Featured Publication – The Beautiful Open Sky by Hannah Linden

Our featured publication for November and December is The Beautiful Open Sky by Hannah Linden, published by V. Press.

The Beautiful Open Sky opens with an extraordinary run of poems, heartbreaking and precise, about the damage done by a narcissistic mother. As it progresses, the poems accumulate symbols, becoming increasingly phantasmagorical, before the patterns of a new life emerge as if through broken cloud.  It works as a story, direct and emotional; but is also a meditation on how we remember – on the limits of reason and metaphor as ways of understanding the past. This is a fine model for a pamphlet: a focused set of beautiful poems, cunningly arranged, which draw power from each other. A wonderful debut.‘ Tom Sastry

Truths are slippery and sometimes sinister in this stunning exploration of familial relationships by Hannah Linden. It can be hard to know who to trust, or who is parenting whom. But there is beauty here too, and a positivity that shines through despite the odds. Self-reflective and superb, Linden’s use of language is playful and imaginative. I can’t wait to see what she does next.‘ Julia Webb

Childhood

Today the only job I have
is keeping the blackbird quiet. At first,
when she ached, she lay quietly in her box
and everything was simple. I fed her milk-soaked bread,
pretended she was my baby. Being a mother
is easy. I stroked feathers, put scaly toes
between my fingers, felt, at last,
that I belonged.

The bird was lucky. She lived and I took
her to school with me. That was when
the trouble began. The teacher didn’t
understand how to teach a bird.
The blackbird tried to tell the teacher
about flying. She hopped up to the window
and sang to the sky. But the teacher
heard the song as a lie.

An unsinging bird is a heavy load.
I wondered if I’d misunderstood
the instructions. Surely if I was
doing the job right, this wouldn’t
feel so hard. My pockets filled
with feathers and my mouth
was a soft down away from naked
terror. My bare-boneness hollowed.

I was a fragile nest holder longing
for a tree or a gap in the hedgerow.
This was no way to inspire eggs.
The blackbird pecked at the only
bit of me that was still soft, a hidden
underpart of resistance. A hole grew
to the size of an open beak, its song
so sweet the whole sky replied.

Previously published by London Grip

The Cottage in the Wood

Be careful of the stories you keep, my mother said.
Peel back their metaphors and check under their skins
before you put them into your basket.

Mother forgets, sometimes, the basket, the tightness
of its weave, how big its handle. Life was simpler
under lamp-posts. It’s hard to remember

when Mother stopped dropping breadcrumbs.
Only that the birds were angry. After they filled the sky
with loud wings and dark, cloud-heavy shadows, she

stopped looking up or back—closed the track.
And lost became normal. It almost felt
like the cottage in the wood was home.

Siblings were a dream I couldn’t let
myself coddle. Sleep, the rhythm of water that has
nowhere left to fall. Mother was a pool of cave.
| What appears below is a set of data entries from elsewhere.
-- ===== src/Vfs/Walk.antt =====
-- `FileSystem::walk`. The callbacks work on a state `T` of their own and tell whether to stop.
use fuse_nx.Prelude.{ℕ, zero, suc, Bool, true, false, List, [], ◌∷◌, get_elem?, none, some}
use fuse_nx.Romfs.Types.{Run, ok, ◌>>=◌, lift}
use fuse_nx.Vfs.Path.{join}
use fuse_nx.Vfs.Interface.{Interface}
use fuse_nx.Vfs.Tree.{FileSystem, get_folder, process_dir}

abbrev pub Callback : Type 0 → Type 0
Callback T = List ℕ → T → Bool × T

module _ {C W T : Type 0} (ops : Interface C W) (on_folder on_file : Callback T) where
  abbrev pub Visit : Type 0
  Visit = List ℕ → T → FileSystem C W → Run (Bool × T × FileSystem C W)

  -- The loop over the children, with the call that goes one level down.
  unfoldable pub walk_folders :
      Visit → List ℕ → List ℕ → T → FileSystem C W → Run (Bool × T × FileSystem C W)
  unfolding process_dir join
  walk_folders visit location [] t s = ok (false, t, s)
  walk_folders visit location (i ∷ is) t s = do
    d ← lift (get_elem? s.folder_nodes i)
    (_, s1) ← process_dir ops (join location d.name) s
    let (stop, t1) = on_folder (join location d.name) t
    elim stop [
      | true ↦ ok (true, t1, s1)
      | false ↦ do
        (stopped, t2, s2) ← visit (join location d.name) t1 s1
        elim stopped [ true ↦ ok (true, t2, s2) | false ↦ walk_folders visit location is t2 s2 ]
    ]

  unfoldable pub walk_files : List ℕ → List ℕ → T → FileSystem C W → Run (Bool × T × FileSystem C W)
  unfolding join
  walk_files location [] t s = ok (false, t, s)
  walk_files location (i ∷ is) t s = do
    f ← lift (get_elem? s.file_nodes i)
    let (stop, t1) = on_file (join location f.name) t
    elim stop [ true ↦ ok (true, t1, s) | false ↦ walk_files location is t1 s ]

  -- `walk(location, depth, …)`: a location without a folder stops the walk.
  unfoldable pub walk : ℕ → Visit
  unfolding walk_folders walk_files get_folder
  walk zero location t s = ok (false, t, s)
  walk (suc depth) location t s = elim (get_folder location s) [
    | none ↦ ok (true, t, s)
    | some id ↦ do
      dir ← lift (get_elem? s.folder_nodes id)
      (stop, t1, s1) ← walk_folders (walk depth) location dir.children t s
      elim stop [ true ↦ ok (true, t1, s1) | false ↦ walk_files location dir.files t1 s1 ]
  ]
The witch my mother had made for me was
a fragment of heat on the scent of gingerbread.
However much I ate, I would never be full.

Previously published by And Other Poems

The Start of the Fire

What is a witch, after all, but the story of a woman
hungry enough for children she’ll do anything to get them.

Is that really what you wanted to hear? Look to your sadness
and see if it is the size of abandonment.

There are many ways to put yourself back into the story.

I am walking well-trodden trails now, 
the banks of the river shored up with broken-down trees.

There has to be a way to keep the edges from falling.

Sometimes you have to let go of the monsters 
from the stories you were told.

Maybe the witch didn’t want children
but just wanted to build something so sweet

it was ridiculous.
Someone was going to bite bits out of it,

eventually.

It’s a pity children see right through to the red-hot oven of us. 
That they have no mercy.

Previously published in Domestic Cherry

Single Mother in Wonderland

I know the rabbits aren’t real, especially the one
always worrying about time. But this is the hole
I fall into when I’m trying to catch the baby.

Oh my poor children. Mothers are supposed to
know where the keys are and which doors
fit. Why are all the other children playing cards?

Please give me a pill that will make me fit into
my house. Inside me is a child and she’s
so much smaller and bigger than she should be.

My children want me to make a proper high tea.
They want to chop off my crazy, worrying head.
They want me to know how

to play the croquet game.
I don’t. I don’t. I don’t.

Hannah Linden is from a Northern working class background but has been based in rural Devon for most of her adult life, where she lives in ramshackle social housing with her two (adult and adult-cusp) children. Despite navigating depression/anxiety she has been published widely. Her most recent awards are 1st prize in the Cafe Writers Open Poetry Competition 2021 and Highly Commended in the Wales Poetry Award 2021. She is working towards her first full collection.